SecBI’s unique technology is based on unsupervised machine learning algorithms that continuously analyze the massive amount of network security log data for hidden and unknown security incidents.
How does your solution deal with false positives?
Security teams still base their work on alerts. Whenever a potential threat matches a certain signature or rule, they have to start an investigation process and connect the dots between the alert and a lot of additional data, just to answer the question, “Is this real malicious activity, and if so, who does it affect?” In many cases, security teams spend serious amounts of time chasing what turns out to be false positives. SecBI’s proprietary engine analyzes the network security log data, and groups events that are significantly correlated and unique in their behavior into distinctive clusters. Once the detection process is cluster-wide, we can ensure detection of weak or hidden signals, which lead to more accurate detection and less false positives.
Who is your solution mostly suitable for?

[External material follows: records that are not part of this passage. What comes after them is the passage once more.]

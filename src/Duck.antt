-- ===== src/Duck.antt =====
-- duck/client.go: a client that takes duck typed objects, which the scheme does not know, by
-- converting them to unstructured objects for the client that it wraps.
pub mod Wrapped
mod Tests
use reconciler_runtime.Base.{Bool, not, ◌&&◌, Option, none, some, List, [], String, if◌then◌else◌}
use reconciler_runtime.Errors.{Error, errorf}
use reconciler_runtime.Tracker.{Returned, ok, err}

-- The dynamic type of an object: `unstructured.Unstructured` or another one.
pub data Form : Type 0 where
  typed unstructured : Form

-- Objects, or lists of them, by their dynamic type: what the scheme and the object kind say of
-- them, and the converter of the runtime package. A conversion from a map goes into an object that
-- is there, which it may have changed when it returns an error. `of_map` and `map_of` are
-- `&unstructured.Unstructured{Object: m}` and `u.Object`. `is_not_registered` is whether
-- `ObjectKinds` returns a not-registered error.
pub record Kindred (Json Kind : Type 0) : Type 1 where
  pub Object : Form → Type 0
  pub is_not_registered : {f : Form} → Object f → Bool
  pub object_kind : {f : Form} → Object f → Option Kind
  pub to_unstructured : {f : Form} → Object f → Returned Json
  pub from_unstructured : {f : Form} → Json → Object f → Option Error × Object f
  pub of_map : Json → Object unstructured
  pub map_of : Object unstructured → Json

-- `Options` are the options of a call.
pub record External : Type 1 where
  pub Json : Type 0
  pub Kind : Type 0
  pub is_empty : Kind → Bool
  pub object : Kindred Json Kind
  pub list : Kindred Json Kind
  pub Key : Type 0
  pub Patch : Type 0
  pub Options : Type 0
  pub Cluster : Type 0

module _ (ext : External) where
  abbrev pub Kin : Type 1
  Kin = Kindred ext.Json ext.Kind

  -- A call with an object that is passed by pointer, on a state.
  abbrev pub Call : Kin → Type 0 → Type 0
  Call k S = (f : Form) → k.Object f → S → (Option Error × k.Object f) × S

  -- What the client knows of an object.
  abbrev pub Query : Type 0 → Type 0
  Query A = (f : Form) → ext.object.Object f → ext.Cluster → Returned A

  -- `client.SubResourceWriter`; the object of a sub resource is passed by pointer too.
  pub record SubResourceWriter : Type 0 where
    pub create : (g : Form) → ext.Options → Call ext.object (ext.object.Object g × ext.Cluster)
    pub update : ext.Options → Call ext.object ext.Cluster
    pub patch : ext.Patch → ext.Options → Call ext.object ext.Cluster

  -- `client.SubResourceClient`
  pub record SubResourceClient : Type 0 where
    pub get : (g : Form) → ext.Options → Call ext.object (ext.object.Object g × ext.Cluster)
    pub create : (g : Form) → ext.Options → Call ext.object (ext.object.Object g × ext.Cluster)
    pub update : ext.Options → Call ext.object ext.Cluster
    pub patch : ext.Patch → ext.Options → Call ext.object ext.Cluster

  -- `client.Reader`
  pub record Reader : Type 0 where
    pub get : ext.Key → ext.Options → Call ext.object ext.Cluster
    pub list : ext.Options → Call ext.list ext.Cluster

  -- `client.Client`
  pub record Client : Type 0 where
    pub reader : Reader
    pub create : ext.Options → Call ext.object ext.Cluster
    pub update : ext.Options → Call ext.object ext.Cluster
    pub patch : ext.Patch → ext.Options → Call ext.object ext.Cluster
    pub delete : ext.Options → Call ext.object ext.Cluster
    pub delete_all_of : ext.Options → Call ext.object ext.Cluster
    pub status : SubResourceWriter
    pub sub_resource : String → SubResourceClient
    pub group_version_kind_for : Query ext.Kind
    pub is_object_namespaced : Query Bool

  -- `IsDuck`
  abbrev pub is_duck : (k : Kin) {f : Form} → k.Object f → Bool
  is_duck k obj =
      k.is_not_registered obj
      && elim (k.object_kind obj) [ none ↦ Bool.false | some kind ↦ not (ext.is_empty kind) ]

  module _ {S : Type 0} where
    -- After a call with the unstructured object: what it holds is converted back.
    abbrev pub convert_back :
        (k : Kin) {f : Form}
        → k.Object f
        → (Option Error × k.Object unstructured) × S
        → (Option Error × k.Object f) × S
    convert_back k obj ((some e, u), s) = ((some e, obj), s)
    convert_back k obj ((none, u), s) = (k.from_unstructured (k.map_of u) obj, s)

    -- A call by way of an unstructured object.
    abbrev pub by_unstructured : (k : Kin) → Call k S → Call k S
    by_unstructured k call f obj s = elim (k.to_unstructured obj) [
      | err e ↦ ((some e, obj), s)
      | ok u_obj ↦ convert_back k obj (call unstructured (k.of_map u_obj) s)
    ]

    -- The methods that duck typed objects have.
    unfoldable pub converted : (k : Kin) → Call k S → Call k S
    converted k call f obj s =
        if not (is_duck k obj) then call f obj s else by_unstructured k call f obj s

    -- The methods that they do not have.
    unfoldable pub not_supported : String → (k : Kin) → Call k S → Call k S
    not_supported message k call f obj s =
        if not (is_duck k obj) then call f obj s else ((some (errorf message []), obj), s)

  -- `GroupVersionKindFor`
  unfoldable pub kind_for : Query ext.Kind → Query ext.Kind
  kind_for query f obj s =
      let missing : Returned ext.Kind =
        err (errorf "object must directly define APIVersion and Kind" []) in
      if not (is_duck ext.object obj) then query f obj s else elim (ext.object.object_kind obj) [
        | none ↦ missing
        | some kind ↦ if ext.is_empty kind then missing else ok kind
      ]

  -- A query by way of an unstructured object.
  abbrev pub ask_unstructured : {A : Type 0} → Query A → Query A
  ask_unstructured query f obj s = elim (ext.object.to_unstructured obj) [
    | err e ↦ err e
    | ok u_obj ↦ query unstructured (ext.object.of_map u_obj) s
  ]

  -- `IsObjectNamespaced`
  unfoldable pub namespaced : Query Bool → Query Bool
  namespaced query f obj s =
      if not (is_duck ext.object obj) then query f obj s else ask_unstructured query f obj s

  abbrev pub not_created : String
  not_created = "Create is not supported for the duck typed objects"

  abbrev pub not_updated : String
  not_updated = "Update is not supported for the duck typed objects, use Patch instead"

  -- `NewDuckAwareAPIReaderWrapper` and its methods
  abbrev pub new_duck_aware_api_reader_wrapper : Reader → Reader
  new_duck_aware_api_reader_wrapper r = record {
    get = λ key opts. converted ext.object (r.get key opts);
    list = λ opts. converted ext.list (r.list opts);
  }

  -- `duckAwareSubResourceWriterWrapper` and its methods
  abbrev pub duck_aware_sub_resource_writer_wrapper : SubResourceWriter → SubResourceWriter
  duck_aware_sub_resource_writer_wrapper w = record {
    create = λ g opts. not_supported not_created ext.object (w.create g opts);
    update = λ opts. not_supported not_updated ext.object (w.update opts);
    patch = λ patch opts. converted ext.object (w.patch patch opts);
  }

  -- `duckAwareSubResourceClientWrapper` and its methods
  abbrev pub duck_aware_sub_resource_client_wrapper : SubResourceClient → SubResourceClient
  duck_aware_sub_resource_client_wrapper c = record {
    get = λ g opts. converted ext.object (c.get g opts);
    create = λ g opts. not_supported not_created ext.object (c.create g opts);
    update = λ opts. not_supported not_updated ext.object (c.update opts);
    patch = λ patch opts. converted ext.object (c.patch patch opts);
  }

  -- `NewDuckAwareClientWrapper` and its methods
  abbrev pub new_duck_aware_client_wrapper : Client → Client
  new_duck_aware_client_wrapper c = record {
    reader = new_duck_aware_api_reader_wrapper c.reader;
    create = λ opts. not_supported not_created ext.object (c.create opts);
    update = λ opts. not_supported not_updated ext.object (c.update opts);
    patch = λ patch opts. converted ext.object (c.patch patch opts);
    delete = λ opts. converted ext.object (c.delete opts);
    delete_all_of = λ opts. converted ext.object (c.delete_all_of opts);
    status = duck_aware_sub_resource_writer_wrapper c.status;
    sub_resource = λ name. duck_aware_sub_resource_client_wrapper (c.sub_resource name);
    group_version_kind_for = kind_for c.group_version_kind_for;
    is_object_namespaced = namespaced c.is_object_namespaced;
  }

The customers we target are medium-large enterprises such as financial institutions, retail companies, telcos and healthcare organizations. It is important to note that our solution is easily and instantly deployed, with no additional appliances or agents. Because it analyzes log data that is already available in the organization, deployment is effortless and requires no changes to the network infrastructure in order to deliver immediate results.
On your website, it is stated that your solution can detect threats that other tools miss. How do you do that?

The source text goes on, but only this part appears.